Exporting logs from MAAS controllers
In addition to metrics, the observability playbook facilitates the export of logs from MAAS controllers. By setting the Loki endpoint and running the playbook, hosts running Region and Rack controllers install and configure the Grafana agent to export logs to Loki. This feature consolidates logs from various sources, such as audit logs, console logs, and MAAS component logs, into a centralized location. Centralized log management simplifies troubleshooting and analysis, enabling administrators to quickly identify and resolve issues affecting the MAAS platform.
Exporting metrics and logs from the PostgreSQL database
The observability playbook supports the export of metrics and logs from the PostgreSQL database installed by Ansible. By setting the Prometheus and Loki endpoints, administrators can export PostgreSQL metrics to Prometheus and logs to Loki. This feature allows for comprehensive monitoring and analysis of the database’s performance, ensuring optimal operation and timely detection of potential issues.

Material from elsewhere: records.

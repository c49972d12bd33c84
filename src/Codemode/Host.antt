-- ===== src/Codemode/Host.antt =====
-- crates/executor-codemode/src/lib.rs: the catalog's side of the kernel, and what a run keeps.
use zoen_gateway.Prelude.{ℕ}
use zoen_gateway.Prelude.Text.{Text}
use zoen_gateway.Prelude.Json.{Value}
use zoen_gateway.Prelude.Effect.{Op}
use zoen_gateway.Core.Execution.{Outcome}
use zoen_gateway.Codemode.Error.{CodeError}

-- `CodeHost`, over a world `W`; `mint` is `ExecutionId::mint`.
pub record CodeHost (W : Type 0) : Type 0 where
  pub invoke : Text → Value → Op W CodeError Outcome
  pub search : Value → Op W CodeError Value
  pub describe_tool : Text → Op W CodeError Value
  pub list_sandbox_integrations : Value → Op W CodeError Value
  pub mint : W → Text × W

-- The counters of a run, and the world.
pub record Vm (W : Type 0) : Type 0 where
  pub steps : ℕ
  pub calls : ℕ
  pub world : W
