-- ===== src/Levels.antt =====
-- tutorial/05-multilevel: the local cache of the first level.
pub mod Local
pub mod Room
pub mod Tests
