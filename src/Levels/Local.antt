-- ===== src/Levels/Local.antt =====
-- tutorial/05-multilevel/local_cache.go: a cache that evicts the entry that was read least recently.
-- `now` is the time that a method reads, and `visited` the entries in the order of a loop.
use ryan_cache.Prelude.{
  ℕ, ◌+◌, String, String_discrete, List, [], ◌∷◌, Option, none, some, ite, ltb, leb, length,
  if◌then◌else◌,
}
use ryan_cache.GoMap.{GoMap, lookup, insert, delete}
use ryan_cache.Lru.Defs.{Time}

pub record LocalCacheItem : Type 0 where
  pub value : String
  pub expires_at : Time
  pub access_count : ℕ
  pub last_access : Time

pub record LocalCacheMetrics : Type 0 where
  pub hits : ℕ
  pub misses : ℕ
  pub evictions : ℕ
  pub total_access : ℕ

pub record LocalCache : Type 0 where
  pub items : GoMap String LocalCacheItem
  pub max_size : ℕ
  pub metrics : LocalCacheMetrics

-- `NewLocalCache`; the routine that cleans up every minute is left out.
abbrev pub new_local_cache : ℕ → LocalCache
new_local_cache max_size = record {
  items = [];
  max_size = max_size;
  metrics = record { hits = 0; misses = 0; evictions = 0; total_access = 0 };
}

-- `recordHit`, `recordMiss`, and the count of every read.
abbrev pub record_hit : LocalCacheMetrics → LocalCacheMetrics
record_hit m = record m { hits = m.hits + 1 }

abbrev pub record_miss : LocalCacheMetrics → LocalCacheMetrics
record_miss m = record m { misses = m.misses + 1 }

abbrev pub record_access : LocalCacheMetrics → LocalCacheMetrics
record_access m = record m { total_access = m.total_access + 1 }

-- A read of an entry.
abbrev pub touch : Time → LocalCacheItem → LocalCacheItem
touch now item = record item { access_count = item.access_count + 1; last_access = now }

-- `Get`
unfoldable pub get : Time → String → LocalCache → LocalCache × Option String
get now key lc =
    let m = record_access lc.metrics in
    let missed : LocalCache × Option String = (record lc { metrics = record_miss m }, none) in
    elim (lookup String_discrete key lc.items) [
      | none ↦ missed
      | some item ↦
          let found : LocalCache × Option String = (
            record lc {
              items = insert String_discrete key (touch now item) lc.items;
              metrics = record_hit m;
            },
            some item.value,
          ) in
          if ltb item.expires_at now then missed else found
    ]

-- The loop of `evictLRU`, with `oldestKey` and `oldestTime`.
unfoldable pub find_oldest : List (String × LocalCacheItem) → String → Time → String
find_oldest [] key time = key
find_oldest ((j, item) ∷ visited) key time =
    if ltb item.last_access time
    then find_oldest visited j item.last_access
    else find_oldest visited key time

-- `evictLRU`
unfoldable pub evict_lru : Time → List (String × LocalCacheItem) → LocalCache → LocalCache
unfolding find_oldest
evict_lru now visited lc =
    let key = find_oldest visited "" now in
    let evicted : LocalCache = record lc {
      items = delete String_discrete key lc.items;
      metrics = record (lc.metrics) { evictions = lc.metrics.evictions + 1 };
    } in
    ite (String_discrete key "") lc evicted

-- `Set`
unfoldable pub set :
    Time → List (String × LocalCacheItem) → String → String → ℕ → LocalCache → LocalCache
unfolding evict_lru
set now visited key value ttl lc =
    let room : LocalCache =
      if leb lc.max_size (length lc.items) then evict_lru now visited lc else lc in
    record room {
      items =
          insert String_discrete key
            (record { value = value; expires_at = now + ttl; access_count = 0; last_access = now })
            room.items;
    }

-- `Delete`, `Clear` and `Size`
abbrev pub delete_key : String → LocalCache → LocalCache
delete_key key lc = record lc { items = delete String_discrete key lc.items }

abbrev pub clear : LocalCache → LocalCache
clear lc = record lc { items = [] }

abbrev pub size : LocalCache → ℕ
size lc = length lc.items

-- A tick of `cleanupExpired`
unfoldable pub cleanup_visited :
    Time
    → List (String × LocalCacheItem)
    → GoMap String LocalCacheItem
    → GoMap String LocalCacheItem
cleanup_visited now [] items = items
cleanup_visited now ((key, item) ∷ visited) items =
    cleanup_visited now visited
      (if ltb item.expires_at now then delete String_discrete key items else items)

unfoldable pub cleanup_expired : Time → List (String × LocalCacheItem) → LocalCache → LocalCache
unfolding cleanup_visited
cleanup_expired now visited lc = record lc { items = cleanup_visited now visited lc.items }
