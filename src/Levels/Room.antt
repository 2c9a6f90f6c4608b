-- ===== src/Levels/Room.antt =====
-- The local cache of tutorial/05-multilevel/local_cache.go stays within its size.
use ryan_cache.Prelude.{
  ℕ, ◌+◌, ◌≤◌, ◌<◌, ◌≡◌, ◌≢◌, inl, inr, String, String_discrete, true, List, [], ◌∷◌, some, arith,
  Bool-cases, leb, leb→le, ltb, length,
}
use ryan_cache.GoMap.{GoMap, lookup, insert, delete}
use ryan_cache.Lru.Defs.{Time}
use ryan_cache.Levels.Local.{LocalCache, LocalCacheItem, find_oldest, evict_lru, set}

abbrev Items : Type 0
Items = GoMap String LocalCacheItem

length-insert :
    (k : String) (x : LocalCacheItem) (m : Items)
    → length (insert String_discrete k x m) ≤ length m + 1
unfolding insert
length-insert k x [] = omega arith
length-insert k x (e ∷ m) = ground (arith, length-insert k x m)

length-delete_le : (k : String) (m : Items) → length (delete String_discrete k m) ≤ length m
unfolding delete
length-delete_le k [] = omega arith
length-delete_le k (e ∷ m) = ground (arith, length-delete_le k m)

length-delete :
    (k : String) (x : LocalCacheItem) (m : Items)
    → lookup String_discrete k m ≡ some x
    → length (delete String_discrete k m) + 1 ≤ length m
unfolding lookup delete
length-delete k x [] e = cc e
length-delete k x ((j, y) ∷ m) e = elim (String_discrete j k) [
  | yes p ↦ ground (arith, p, length-delete_le k m)
  | no p ↦ ground (arith, p, length-delete k x m (ground (arith, e, p)))
]

-- The visited entries: entries of the cache under keys that are not empty, last read before now.
abbrev pub AreOld : Time → List (String × LocalCacheItem) → Items → Type 0
AreOld now [] m = Unit
AreOld now ((j, x) ∷ visited) m =
    (lookup String_discrete j m ≡ some x) × (j ≢ "") × (x.last_access < now) × AreOld now visited m

abbrev IsEntry : String → Items → Type 0
IsEntry k m = (k ≢ "") × ((x : LocalCacheItem) × (lookup String_discrete k m ≡ some x))

find_oldest-IsEntry :
    (now : Time) (visited : List (String × LocalCacheItem)) (m : Items) (k : String) (t : Time)
    → AreOld now visited m
    → IsEntry k m
    → IsEntry (find_oldest visited k t) m
unfolding find_oldest
find_oldest-IsEntry now [] m k t old e = e
find_oldest-IsEntry now ((j, x) ∷ visited) m k t (at, named, before, rest) e =
    elim (Bool-cases (ltb x.last_access t)) [
      | inl f ↦ rw f (find_oldest-IsEntry now visited m j x.last_access rest (named, (x, at)))
      | inr f ↦ rw f (find_oldest-IsEntry now visited m k t rest e)
    ]

-- Of some entries, one is the oldest.
first-IsEntry :
    (now : Time) (visited : List (String × LocalCacheItem)) (m : Items)
    → AreOld now visited m
    → 0 < length visited
    → IsEntry (find_oldest visited "" now) m
unfolding find_oldest
first-IsEntry now [] m old h = absurd (omega arith)
first-IsEntry now ((j, x) ∷ visited) m (at, named, before, rest) h =
    let f : ltb x.last_access now ≡ true = ground (arith, before) in
    rw f (find_oldest-IsEntry now visited m j x.last_access rest (named, (x, at)))

evict_lru-length :
    (now : Time) (visited : List (String × LocalCacheItem)) (lc : LocalCache)
    → AreOld now visited lc.items
    → 0 < length visited
    → length (evict_lru now visited lc).items + 1 ≤ length lc.items
unfolding evict_lru
evict_lru-length now visited lc old h =
    let (named, entry) = first-IsEntry now visited lc.items old h in
    let (x, at) = entry in
    ground (arith, named, length-delete (find_oldest visited "" now) x lc.items at)

-- A write keeps a local cache of at least one entry within its size, where the loop of the eviction
-- visits as many entries as there are, each an entry of the cache, each under a key that is not
-- empty and read or written before the write: the eviction then takes out one of them.
pub set-length :
    (now : Time) (visited : List (String × LocalCacheItem)) (key value : String) (ttl : ℕ)
    (lc : LocalCache)
    → 0 < lc.max_size
    → length lc.items ≤ lc.max_size
    → length visited ≡ length lc.items
    → AreOld now visited lc.items
    → length (set now visited key value ttl lc).items ≤ lc.max_size
unfolding set
set-length now visited key value ttl lc positive within all old =
    let item : LocalCacheItem = record {
      value = value;
      expires_at = now + ttl;
      access_count = 0;
      last_access = now;
    } in
    elim (Bool-cases (leb lc.max_size (length lc.items))) [
      | inl f ↦
          let full = leb→le lc.max_size (length lc.items) f in
          let less = evict_lru-length now visited lc old (omega (arith, positive, full, all)) in
          let more = length-insert key item (evict_lru now visited lc).items in
          ground (arith, f, less, more, within)
      | inr f ↦ ground (arith, f, length-insert key item lc.items)
    ]
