-- ===== src/Levels/Tests.antt =====
-- Runs of the local cache of tutorial/05-multilevel, and each theorem about it at a run.
use ryan_cache.Prelude.{
  ◌≤◌, ◌≡◌, ◌≢◌, refl, String, String_discrete, List, [], ◌∷◌, none, arith, length,
}
use text.Mathlib.TextEquality.{eq_iff}
use ryan_cache.GoMap.{lookup, insert, delete}
use ryan_cache.Levels.Local.{
  LocalCache, LocalCacheItem, new_local_cache, find_oldest, evict_lru, get, set,
}
use ryan_cache.Levels.Room

-- A cache of two entries that is full; "a" was read last.
abbrev full : LocalCache
full = (get 3 "a" (set 2 [] "b" "2" 50 (set 1 [] "a" "1" 50 (new_local_cache 2)))).0

abbrev a_item : LocalCacheItem
a_item = record { value = "1"; expires_at = 51; access_count = 1; last_access = 3 }

abbrev b_item : LocalCacheItem
b_item = record { value = "2"; expires_at = 52; access_count = 0; last_access = 2 }

abbrev entries : List (String × LocalCacheItem)
entries = ("a", a_item) ∷ ("b", b_item) ∷ []

runs : Unit {0}
unfolding get set evict_lru find_oldest lookup insert delete String_discrete
runs = tt

b_evicted : (get 6 "b" (set 5 entries "c" "3" 50 full)).1 ≡ none
unfolding runs
b_evicted = refl

a_named : ◌≢◌ {A = String} "a" ""
a_named p = cc ((eq_iff "a" "").1 p)

b_named : ◌≢◌ {A = String} "b" ""
b_named p = cc ((eq_iff "b" "").1 p)

set-length_example : length (set 5 entries "c" "3" 50 full).items ≤ 2
unfolding runs
set-length_example =
    Room.set-length 5 entries "c" "3" 50 full (omega arith) (omega arith) refl
      (refl, a_named, omega arith, (refl, b_named, omega arith, tt))
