-- ===== src/Lru.antt =====
-- core/lrucache.go: the least-recently-used cache with expiry times, statistics and a memory limit.
pub mod Heap
pub mod Defs
pub mod Methods
pub mod Batch
pub mod Index
pub mod Model
pub mod Reps
pub mod Refine
pub mod History
pub mod Behaviour
pub mod Departures
pub mod Tests
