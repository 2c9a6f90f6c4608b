-- ===== src/Lru/Heap.antt =====
-- The doubly linked list of core/lrucache.go, on an explicit heap, and the list that it spells.
pub mod Defs
pub mod Chain
pub mod Ops
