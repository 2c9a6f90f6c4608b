-- ===== src/Lru/Refine.antt =====
-- The methods of core/lrucache.go do on the pointers what the model does on the entries.
pub mod Deletion
pub mod Reading
pub mod Writing
pub mod Eviction
pub mod Setting
pub mod Creation
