-- ===== src/Node.antt =====
-- The server's side of distributed/: a node, what it knows of the others, the changes of the
-- cluster, and the handlers of the requests.
pub mod Defs
pub mod Manager
pub mod Coordinator
pub mod Health
pub mod Local
pub mod Migration
pub mod Changes
pub mod Handlers
pub mod Forwarding
pub mod Routes
pub mod EndToEnd
pub mod ReadBack
pub mod Tests
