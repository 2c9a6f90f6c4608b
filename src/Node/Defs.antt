-- ===== src/Node/Defs.antt =====
-- distributed/distributed_node.go: a node of the cluster, which keeps its own keys and passes the
-- others on. The network, what URLs and bodies carry, and SHA-1 are parameters; `now` is the time
-- of a read.
use ryan_cache.Prelude.{
  ℕ, String, String_discrete, Bool, true, false, List, [], ◌∷◌, Option, none, some, ite, Result, ok,
  panic, nil_map, ◌>>=◌, ◌==◌, if◌then◌else◌,
}
use ryan_cache.GoMap.{GoMap, lookup, insert, delete}
use ryan_cache.Lru.Defs.{Time, LruCache, new_lru_cache}
use ryan_cache.Lru.Methods
use ryan_cache.Lru.Methods.{Reply, set_internal}
use ryan_cache.Cluster.Defs.{DistributedCache, get_node_for_key}
use ryan_cache.Cluster.Methods.{new_distributed_cache, new_distributed_cache_with_virtual_nodes}
use ryan_cache.Http.{
  Http, Response, transport_error, response, status_ok, Wire, with_path, CallError, Attempt,
  returned, errored, request_failed, bad_status, undecodable, no_target, internal_cache,
}
use ryan_cache.Http

pub record NodeConfig : Type 0 where
  pub node_id : String
  pub address : String
  pub cluster_nodes : Option (GoMap String String)
  pub cache_size : ℕ
  pub virtual_nodes : ℕ

pub record DistributedNode : Type 0 where
  pub node_id : String
  pub node_address : String
  pub hash_ring : DistributedCache
  pub local_cache : LruCache
  pub cluster_nodes : Option (GoMap String String)

-- The entries of a map that may be nil: none is a nil map, which is read as an empty one.
abbrev pub entries_of : Option (GoMap String String) → GoMap String String
entries_of m = elim m [ none ↦ [] | some entries ↦ entries ]

-- `m[k]` on a map of texts.
abbrev pub text_at : String → GoMap String String → String
text_at k m = elim (lookup String_discrete k m) [ none ↦ "" | some s ↦ s ]

-- The remote branch: the address of the target, and the request to it.
unfoldable pub pass_on :
    {W A : Type 0}
    → String
    → (String → W → W × Attempt A)
    → DistributedNode
    → W
    → Result (DistributedNode × W × Attempt A)
pass_on target forward dn w = elim (lookup String_discrete target (entries_of dn.cluster_nodes)) [
  | none ↦ ok (dn, w, errored (no_target target))
  | some address ↦ let (w1, attempt) = forward address w in ok (dn, w1, attempt)
]

-- The error for a status other than 200; the message quotes the status alone.
unfoldable pub forwarded : Response → Attempt String
forwarded (transport_error e) = errored (request_failed e)
forwarded (response status body) =
    if status == status_ok then returned body else errored (bad_status "")

-- `SetLocal`, `GetLocal` and `DeleteLocal`
unfoldable pub set_local : String → String → DistributedNode → Result DistributedNode
unfolding set_internal
set_local key value dn = do
  c ← set_internal key value dn.local_cache
  ok (record dn { local_cache = c })

unfoldable pub get_local : Time → String → DistributedNode → Result (DistributedNode × Reply)
unfolding Methods.get
get_local now key dn = do
  (c, reply) ← Methods.get now key dn.local_cache
  ok (record dn { local_cache = c }, reply)

unfoldable pub delete_local : String → DistributedNode → Result DistributedNode
unfolding Methods.delete_key
delete_local key dn = do
  (c, found) ← Methods.delete_key key dn.local_cache
  ok (record dn { local_cache = c })

-- `AddClusterNode`, `RemoveClusterNode` and `UpdateClusterNodes`: a write to a nil map panics, and a
-- deletion from one does nothing.
unfoldable pub add_cluster_node : String → String → DistributedNode → Result DistributedNode
add_cluster_node id address dn = elim dn.cluster_nodes [
  | none ↦ panic nil_map
  | some entries ↦
      ok (record dn { cluster_nodes = some (insert String_discrete id address entries) })
]

abbrev pub remove_cluster_node : String → DistributedNode → DistributedNode
remove_cluster_node id dn = record dn {
  cluster_nodes = elim dn.cluster_nodes [
    | none ↦ none
    | some entries ↦ some (delete String_discrete id entries)
  ];
}

-- The loop that copies a map, over its entries.
unfoldable pub copy_into : List (String × String) → GoMap String String → GoMap String String
copy_into [] m = m
copy_into ((id, address) ∷ entries) m = copy_into entries (insert String_discrete id address m)

unfoldable pub update_cluster_nodes : List (String × String) → DistributedNode → DistributedNode
unfolding copy_into
update_cluster_nodes entries dn = record dn { cluster_nodes = some (copy_into entries []) }

module _ (sha1 : String → ℕ → ℕ) where
  -- `NewDistributedNode`; `ids` are the keys of `ClusterNodes` in the order in which the loop visits
  -- them.
  unfoldable pub new_distributed_node : List String → NodeConfig → Result DistributedNode
  unfolding new_distributed_cache new_distributed_cache_with_virtual_nodes new_lru_cache
  new_distributed_node ids config = do
    ring ←
        (if config.virtual_nodes == 0
          then new_distributed_cache sha1 ids
          else new_distributed_cache_with_virtual_nodes sha1 ids config.virtual_nodes)
    c ← new_lru_cache (if config.cache_size == 0 then 1000 else config.cache_size)
    ok record {
      node_id = config.node_id;
      node_address = text_at config.node_id (entries_of config.cluster_nodes);
      hash_ring = ring;
      local_cache = c;
      cluster_nodes = config.cluster_nodes;
    }

  -- `IsLocalKey`
  unfoldable pub is_local_key : String → DistributedNode → Result Bool
  unfolding get_node_for_key
  is_local_key key dn = do
    target ← get_node_for_key sha1 key dn.hash_ring
    ok (ite (String_discrete target dn.node_id) true false)

  module _ {W : Type 0} (http : Http W) (wire : Wire) where
    -- `forwardSetRequestSafe`
    unfoldable pub forward_set : String → String → String → W → W × Attempt String
    unfolding forwarded
    forward_set address key value w = with_path wire key w (λ path.
        let (w1, reply) =
          http
            (record {
              verb = Http.put;
              address = address;
              route = internal_cache path;
              body = wire.write_value value;
            })
            w in
        (w1, forwarded reply))

    -- What `forwardGetRequestSafe` reads of a body.
    unfoldable pub read_reply : Attempt String → Attempt Reply
    read_reply (errored e) = errored e
    read_reply (returned body) = elim (wire.read_response body) [
      | none ↦ errored (undecodable body)
      | some r ↦ returned (r.value, r.found)
    ]

    -- `forwardGetRequestSafe`
    unfoldable pub forward_get : String → String → W → W × Attempt Reply
    unfolding forwarded read_reply
    forward_get address key w = with_path wire key w (λ path.
        let (w1, reply) =
          http
            (record { verb = Http.get; address = address; route = internal_cache path; body = "" })
            w in
        (w1, read_reply (forwarded reply)))

    -- `forwardDeleteRequestSafe`
    unfoldable pub forward_delete : String → String → W → W × Attempt String
    unfolding forwarded
    forward_delete address key w = with_path wire key w (λ path.
        let (w1, reply) =
          http
            (record {
              verb = Http.delete;
              address = address;
              route = internal_cache path;
              body = "";
            })
            w in
        (w1, forwarded reply))

    -- `Set`: here, or at the node that the ring names.
    unfoldable pub set :
        String → String → DistributedNode → W → Result (DistributedNode × W × Attempt String)
    unfolding get_node_for_key set_local forward_set pass_on
    set key value dn w = do
      target ← get_node_for_key sha1 key dn.hash_ring
      let here = set_local key value dn >>= λ dn1. ok (dn1, w, returned "")
      ite (String_discrete target dn.node_id) here
          (pass_on target (λ address. forward_set address key value) dn w)

    -- `Get`
    unfoldable pub get :
        Time → String → DistributedNode → W → Result (DistributedNode × W × Attempt Reply)
    unfolding get_node_for_key get_local forward_get pass_on
    get now key dn w = do
      target ← get_node_for_key sha1 key dn.hash_ring
      let here = get_local now key dn >>= λ p. ok (p.0, w, returned p.1)
      ite (String_discrete target dn.node_id) here
          (pass_on target (λ address. forward_get address key) dn w)

    -- `Delete`
    unfoldable pub delete_key :
        String → DistributedNode → W → Result (DistributedNode × W × Attempt String)
    unfolding get_node_for_key delete_local forward_delete pass_on
    delete_key key dn w = do
      target ← get_node_for_key sha1 key dn.hash_ring
      let here = delete_local key dn >>= λ dn1. ok (dn1, w, returned "")
      ite (String_discrete target dn.node_id) here
          (pass_on target (λ address. forward_delete address key) dn w)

Installing alert rules to existing observability stack
For operators with an existing observability stack, the observability playbook provides the ability to install alert rules into their stack. By downloading MAAS-curated alert rules for Prometheus and Loki, administrators can integrate MAAS-specific alerts into their existing monitoring infrastructure. This feature enables administrators to receive proactive notifications and take timely actions based on predefined alert conditions.
Exporting metrics and logs from Pacemaker and Corosync
The observability playbook also supports the export of metrics and logs from Pacemaker and Corosync services installed by Ansible. By setting the Prometheus endpoint and running the playbook, the HA Cluster exporter is installed and configured to collect Pacemaker and Corosync metrics. Additionally, the playbook installs and configures the Grafana agent to send these metrics to Prometheus. This feature provides insights into the health and performance of the clustering infrastructure.
In summary, the Ansible observability playbook for MAAS introduces user-centric features that enhance the monitoring and observability capabilities of the platform. These features allow administrators to gain valuable insights into the performance, availability, and health of their MAAS controllers and PostgreSQL database. By leveraging Grafana, Prometheus, and Loki, administrators can proactively manage and optimize their MAAS deployments, enabling efficient troubleshooting, capacity planning, and performance tuning.